Su historia fue retratada por el cineasta Emir Kusturica en el documental El Pepe, una vida suprema, donde se lo ve con la ternura de quien se sabe fugaz y con la firmeza de quien no negocia sus principios.
El adiós de Pepe
En sus últimos meses, debilitado por un cáncer de esófago, Mujica se retiró del ruido público. «Ya terminó mi ciclo», dijo. Pero nunca se fue del todo. En agosto de 2024, en silla de ruedas y contra la voluntad de su cuerpo, asistió a un acto del Frente Amplio. “Tenía que estar”, explicó. Fue su forma de decir presente.
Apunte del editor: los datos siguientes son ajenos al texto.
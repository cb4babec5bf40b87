-- ===== src/Dispatch/Paged.antt =====
-- `_maybe_reassemble_paged` and `_expire_paged_transfers` of src/elke27_lib/dispatcher_loop.py.
use elke.Base.{
  ℕ, zero, suc, ◌-◌, Bool, false, not, ◌||◌, Option, none, some, List, [], ◌∷◌, ltb, leb, ◌==◌,
  if◌then◌else◌, length,
}
use elke.Base.Dict.{Dict, nat_key, pair_key, lookup, insert, erase, contains}
use elke.Dispatch.Json.{
  ℤ, pos, negsuc, Json, object, Members, empty, member, get, put, as_int, as_mapping,
}
use elke.Dispatch.Route.{RouteKey}
use elke.Dispatch.State.{
  PagedTransferKey, transfer_key, PendingRequest, PagedBlock, PagedRouteSpec, PagedTransfer,
  Dispatcher,
}

-- `sorted(received_blocks.keys())` with the payloads
abbrev pub insert_block : PagedBlock → List PagedBlock → List PagedBlock
insert_block b [] = b ∷ []
insert_block b (c ∷ cs) = if leb b.block_id c.block_id then b ∷ c ∷ cs else c ∷ insert_block b cs

unfoldable pub sorted_blocks : Dict ℕ Members → List PagedBlock
sorted_blocks [] = []
sorted_blocks ((i, m) ∷ d) = insert_block (record { block_id = i; payload = m }) (sorted_blocks d)

abbrev pub member_of : ℕ → List ℕ → Bool
member_of n [] = false
member_of n (m ∷ ms) = n == m || member_of n ms

-- The first of `count` numbers from `next` that is neither received nor requested.
unfoldable pub first_missing : Dict ℕ Members → List ℕ → ℕ → ℕ → Option ℕ
first_missing received requested next zero = none
first_missing received requested next (suc count) =
    let rest = first_missing received requested (suc next) count in
    if contains next received || member_of next requested then rest else some next

-- The loop that requests one block: the requested set, and the call if one was made.
abbrev pub ask :
    Option (ℕ → PagedTransferKey → Bool) → PagedTransferKey → List ℕ → Option ℕ → List ℕ × List ℕ
ask none key requested _ = (requested, [])
ask (some request) key requested none = (requested, [])
ask (some request) key requested (some b) =
    (if request b key then b ∷ requested else requested, b ∷ [])

-- What a valid block does: the message goes on with the transfer dropped, nothing, a transfer that
-- waits, or the merged payload.
pub data Received : Type 0 where
  mismatch duplicate : Received
  waits : PagedTransfer → Received
  merged : List PagedBlock → Members → Received

-- The block is stored, the next one requested, and the transfer finished if nothing is missing.
unfoldable pub store_block :
    PagedRouteSpec → PagedTransferKey → PagedTransfer → ℕ → ℕ → Members → Received × List ℕ
unfolding first_missing sorted_blocks
store_block spec key t now block_id payload =
    let received = insert block_id payload t.received_blocks in
    let requested = block_id ∷ t.requested_blocks in
    let (asked, calls) =
      ask spec.request_block key requested (first_missing received requested 1 t.total_count) in
    let blocks = sorted_blocks received in
    (
      if ltb (length received) t.total_count
          then waits (record t {
            received_blocks = received;
            last_update_at = now;
            requested_blocks = asked;
          })
          else merged blocks
              (spec.merge_fn blocks (if t.total_count == 0 then length blocks else t.total_count)),
      calls,
    )

abbrev pub new_transfer : ℕ → ℕ → PagedTransfer
new_transfer block_count now = record {
  total_count = block_count;
  last_update_at = now;
  received_blocks = [];
  requested_blocks = [];
}

unfoldable pub receive_block :
    PagedRouteSpec
    → PagedTransferKey
    → Option PagedTransfer
    → ℕ
    → ℕ
    → ℕ
    → Members
    → Received × List ℕ
unfolding store_block
receive_block spec key none now block_id block_count payload =
    store_block spec key (new_transfer block_count now) now block_id payload
receive_block spec key (some t) now block_id block_count payload =
    if not (t.total_count == block_count)
    then (mismatch, [])
    else if contains block_id t.received_blocks
    then (duplicate, [])
    else store_block spec key t now block_id payload

-- `isinstance(n, int) and n >= 1`
abbrev pub positive : Json → Option ℕ
positive v = elim (as_int v) [
  | none ↦ none
  | some z ↦ elim z [ pos n ↦ (if n == 0 then none else some n) | negsuc _ ↦ none ]
]

-- `isinstance(code, int) and code == 11008`
abbrev pub is_auth_error : Json → Bool
is_auth_error v = elim (as_int v) [
  | none ↦ false
  | some z ↦ elim z [ pos n ↦ n == 11008 | negsuc _ ↦ false ]
]

-- `_paged_transfer_key`
unfoldable pub paged_transfer_key :
    RouteKey → Option ℤ → Option PendingRequest → Option PagedTransferKey
paged_transfer_key route session_id none = none
paged_transfer_key route session_id (some p) = elim p.opaque [
  | none ↦ some (record { session_id = session_id; transfer_id = p.seq; route = route })
  | some key ↦ some key
]

-- `_extract_paged_payload`, with the domain's object
abbrev pub extract_paged_payload : Members → RouteKey → Option (Members × Members)
extract_paged_payload msg (domain, name) = elim (as_mapping (get domain msg)) [
  | none ↦ none
  | some domain_map ↦ elim (as_mapping (get name domain_map)) [
    | none ↦ none
    | some payload ↦ some (domain_map, payload)
  ]
]

-- The message to dispatch, or none for a block that is consumed; and the blocks requested.
pub record Reassembly : Type 0 where
  pub transfers : Dict PagedTransferKey PagedTransfer
  pub message : Option Members
  pub requests : List ℕ

abbrev pub assembled : Members → RouteKey → Members → Members
assembled msg (domain, name) payload = put domain (object (member name (object payload) empty)) msg

abbrev pub finish :
    Dict PagedTransferKey PagedTransfer
    → PagedTransferKey
    → Members
    → RouteKey
    → Received × List ℕ
    → Reassembly
finish ts key msg route (mismatch, calls) = record {
  transfers = erase key ts;
  message = some msg;
  requests = calls;
}
finish ts key msg route (duplicate, calls) = record {
  transfers = ts;
  message = none;
  requests = calls;
}
finish ts key msg route (waits t, calls) = record {
  transfers = insert key t ts;
  message = none;
  requests = calls;
}
finish ts key msg route (merged _ payload, calls) = record {
  transfers = erase key ts;
  message = some (assembled msg route payload);
  requests = calls;
}

abbrev pub consumed : Dict PagedTransferKey PagedTransfer → Reassembly
consumed ts = record { transfers = ts; message = none; requests = [] }

abbrev pub passes : Dict PagedTransferKey PagedTransfer → Members → Reassembly
passes ts msg = record { transfers = ts; message = some msg; requests = [] }

abbrev pub take_block :
    PagedRouteSpec
    → Dict PagedTransferKey PagedTransfer
    → PagedTransferKey
    → Members
    → RouteKey
    → ℕ
    → Members
    → Option ℕ
    → Option ℕ
    → Reassembly
take_block spec ts key msg route now payload none _ = consumed ts
take_block spec ts key msg route now payload (some block_id) none = consumed ts
take_block spec ts key msg route now payload (some block_id) (some block_count) =
    if ltb block_count block_id
    then consumed ts
    else finish ts key msg route
        (receive_block spec key (lookup key ts) now block_id block_count payload)

abbrev pub reassemble_with :
    Dispatcher
    → Members
    → RouteKey
    → ℕ
    → Option PagedRouteSpec
    → Option PagedTransferKey
    → Option (Members × Members)
    → Reassembly
reassemble_with d msg route now none _ _ = passes d.paged_transfers msg
reassemble_with d msg route now (some spec) none _ = passes d.paged_transfers msg
reassemble_with d msg route now (some spec) (some key) none = passes d.paged_transfers msg
reassemble_with d msg route now (some spec) (some key) (some (domain_map, payload)) =
    if is_auth_error (get "error_code" domain_map) || is_auth_error (get "error_code" payload)
    then passes (erase key d.paged_transfers) msg
    else take_block spec d.paged_transfers key msg route now payload
        (positive (get "block_id" payload)) (positive (get "block_count" payload))

-- `_maybe_reassemble_paged`
unfoldable pub maybe_reassemble_paged :
    Dispatcher → Members → RouteKey → Option ℤ → Option PendingRequest → ℕ → Reassembly
unfolding receive_block paged_transfer_key
maybe_reassemble_paged d msg route session_id response_match now =
    reassemble_with d msg route now (lookup route d.paged_routes)
      (paged_transfer_key route session_id response_match) (extract_paged_payload msg route)

abbrev pub timeout_of : Dispatcher → PagedTransferKey → ℕ
timeout_of d key = elim (lookup key.route d.paged_routes) [
  | none ↦ d.paged_timeout
  | some spec ↦ spec.timeout
]

-- The transfers that are not expired; the clock never runs back.
unfoldable pub live_transfers :
    Dispatcher → ℕ → Dict PagedTransferKey PagedTransfer → Dict PagedTransferKey PagedTransfer
live_transfers d now [] = []
live_transfers d now ((key, t) ∷ ts) =
    let rest = live_transfers d now ts in
    if leb (timeout_of d key) (now - t.last_update_at) then rest else (key, t) ∷ rest

-- `_expire_paged_transfers`
unfoldable pub expire_paged_transfers : Dispatcher → ℕ → Dispatcher
unfolding live_transfers
expire_paged_transfers d now = record d { paged_transfers = live_transfers d now d.paged_transfers }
En su última entrevista con The New York Times, se despidió con una frase tan suya como el perfume de sus gladiolos: “La vida es hermosa. Con todas sus peripecias, amo la vida. Y la estoy perdiendo porque estoy en el tiempo de irme”. Y cuando le preguntaron cómo quería ser recordado, respondió sin vueltas: “Como lo que soy: un viejo loco que tiene la magia de la palabra”.
Un legado sembrado
Mujica no deja solo una biografía, sino una forma de estar en el mundo. Representó la posibilidad de una izquierda ética, simple, humana. Su muerte cierra una época, pero también abre interrogantes: ¿quién recogerá ahora esa bandera que no fue partidaria, sino espiritual?
El Quijote del sur, el presidente filósofo, el guerrillero que aprendió a hablar con hormigas y terminó hablándole al mundo, descansará en la tierra que tanto amó. Y como prometió ante su pueblo aquel 28 de febrero de 2015: “Me iré con el último aliento y donde esté estaré por ti, contigo, porque es la forma superior de estar con la vida”.